Records from a data collection
-- ===== src/Zfs/Hierarchy/Laws.antt =====
-- `checkSnapshotHierarchyIntegrity` and `HasSnapshotInHierarchy` against what stands below a dataset.
use mathlib.Core.Path.{subst}
use zsys.Prelude.{
  Bool, true, false, not, ◌&&◌, Option, none, some, ◌≡◌, refl, inl, inr, arith, if◌then◌else◌,
  Bool-cases,
}
use zsys.Text.{Bytes}
use zsys.Zfs.Names.{snapshot_of}
use zsys.Zfs.Dataset.{Dataset, dataset, Children, nil, cons, is_snapshot_of, children_of}
use zsys.Zfs.Hierarchy.{check_integrity, check_children}
use zsys.Zfs.Hierarchy.Reach.{ChildIn, Reach, here, below, taken}

-- The error of a child and of the later ones.
no_error {ℓ} :
    {E : Type ℓ} (skip : Bool) (here later : Option E)
    → (if skip then later else elim here [ some e ↦ some e | none ↦ later ]) ≡ none
    → (skip ≡ false → here ≡ none) × (later ≡ none)
no_error true a b e = (λ f. absurd (cc), e)
no_error false none b e = (λ f. refl, e)
no_error false (some x) b e = cc

-- The error of the dataset itself.
no_refusal {ℓ} :
    {E : Type ℓ} (found on : Bool) (err : E) (later : Option E)
    → (if found && not on then some err else later) ≡ none
    → (found ≡ true → on ≡ true) × (later ≡ none)
no_refusal true true err later e = (λ _. refl, e)
no_refusal true false err later e = cc
no_refusal false on err later e = (λ f. absurd (cc), e)

unrefused {ℓ} :
    {E : Type ℓ} (found on : Bool) (err : E) (later : Option E)
    → (found ≡ true → on ≡ true)
    → later ≡ none
    → (if found && not on then some err else later) ≡ none
unrefused true true err later h e = e
unrefused true false err later h e = absurd (ground (arith, h refl))
unrefused false on err later h e = e

check_children-child :
    (ds : Children) (snap : Bytes) (found : Bool) (c : Dataset)
    → check_children ds snap found ≡ none
    → ChildIn c ds
    → is_snapshot_of c ≡ false
    → check_integrity c snap found ≡ none
unfolding check_children
check_children-child nil snap found c e i f = elim i [ ]
check_children-child (cons d ds) snap found c e (inl q) f =
    let (fine, later) =
      no_error (is_snapshot_of d) (check_integrity d snap found) (check_children ds snap found) e in
    rw q (fine (rw q at f))
check_children-child (cons d ds) snap found c e (inr i) f =
    check_children-child ds snap found c
      (no_error (is_snapshot_of d) (check_integrity d snap found) (check_children ds snap found)
        e).1
      i f

check_integrity-parts :
    (d : Dataset) (snap : Bytes) (on_parent : Bool)
    → check_integrity d snap on_parent ≡ none
    → (taken snap d ≡ true → on_parent ≡ true)
      × (check_children (children_of d) snap (taken snap d) ≡ none)
unfolding check_integrity
check_integrity-parts (dataset n s p cs) snap on_parent e =
    no_refusal (taken snap (dataset n s p cs)) on_parent (n, snapshot_of n snap)
      (check_children cs snap (taken snap (dataset n s p cs))) e

-- Below a dataset that is accepted, a snapshot is on the dataset itself.
accepted_above :
    (d e : Dataset) (snap : Bytes) (on_parent : Bool)
    → check_integrity d snap on_parent ≡ none
    → Reach d e
    → taken snap e ≡ true
    → taken snap d ≡ true
accepted_above d e snap on_parent h (here q) found = rw q found
accepted_above d e snap on_parent h (below c i f r) found =
    let rest = (check_integrity-parts d snap on_parent h).1 in
    let next = check_children-child (children_of d) snap (taken snap d) c rest i f in
    (check_integrity-parts c snap (taken snap d) next).0
      (accepted_above c e snap (taken snap d) next r found)

accepted_below :
    (d p : Dataset) (snap : Bytes) (on_parent : Bool)
    → check_integrity d snap on_parent ≡ none
    → Reach d p
    → (on : Bool) × (check_integrity p snap on ≡ none)
accepted_below d p snap on_parent h (here q) =
    (on_parent, subst (λ x. check_integrity x snap on_parent ≡ none) q h)
accepted_below d p snap on_parent h (below c i f r) =
    accepted_below c p snap (taken snap d)
      (check_children-child (children_of d) snap (taken snap d) c
        (check_integrity-parts d snap on_parent h).1 i f)
      r

-- Every dataset with the snapshot stands only below datasets with it.
abbrev pub Nested : Bytes → Dataset → Type 0
Nested snap d = (p e : Dataset) → Reach d p → Reach p e → taken snap e ≡ true → taken snap p ≡ true

Nested-child :
    (snap : Bytes) (d c : Dataset)
    → Nested snap d
    → ChildIn c (children_of d)
    → is_snapshot_of c ≡ false
    → Nested snap c
Nested-child snap d c h i f p e r q found = h p e (below c i f r) q found

mutual
  unfolding check_integrity check_children

  accepts :
      (d : Dataset) (snap : Bytes) (on_parent : Bool)
      → (taken snap d ≡ true → on_parent ≡ true)
      → Nested snap d
      → check_integrity d snap on_parent ≡ none
  accepts (dataset n s p cs) snap on_parent on h =
      let this = dataset n s p cs in
      unrefused (taken snap this) on_parent (n, snapshot_of n snap)
        (check_children cs snap (taken snap this)) on
        (accepts_children cs snap (taken snap this)
          (λ c i f t. h this c (here refl) (below c i f (here refl)) t)
          (λ c i f. Nested-child snap this c h i f))

  accepts_children :
      (ds : Children) (snap : Bytes) (found : Bool)
      → ((c : Dataset)
          → ChildIn c ds
          → is_snapshot_of c ≡ false
          → taken snap c ≡ true
          → found ≡ true)
      → ((c : Dataset) → ChildIn c ds → is_snapshot_of c ≡ false → Nested snap c)
      → check_children ds snap found ≡ none
  accepts_children nil snap found on h = refl
  accepts_children (cons d ds) snap found on h =
      let rest = accepts_children ds snap found (λ c i. on c (inr i)) (λ c i. h c (inr i)) in
      elim (Bool-cases (is_snapshot_of d)) [
        | inl skip ↦ rw skip rest
        | inr fs ↦ rw (fs, accepts d snap found (on d (inl refl) fs) (h d (inl refl) fs)) rest
      ]

-- The check of the base dataset of a snapshot succeeds exactly if every dataset below it, reached
-- over filesystems, that has the snapshot stands only below datasets that have it too.
pub check_integrity_iff :
    (d : Dataset) (snap : Bytes)
    → (check_integrity d snap true ≡ none → Nested snap d)
      × (Nested snap d → check_integrity d snap true ≡ none)
check_integrity_iff d snap = (sound, accepts d snap true (λ _. refl))
  where
    sound : check_integrity d snap true ≡ none → Nested snap d
    sound h p e r q found =
        let (on, fine) = accepted_below d p snap true h r in accepted_above p e snap on fine q found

Instructions for the task. Going through the entries above, show each line that contains "itself".

Output.
-- The error of the dataset itself.
-- Below a dataset that is accepted, a snapshot is on the dataset itself.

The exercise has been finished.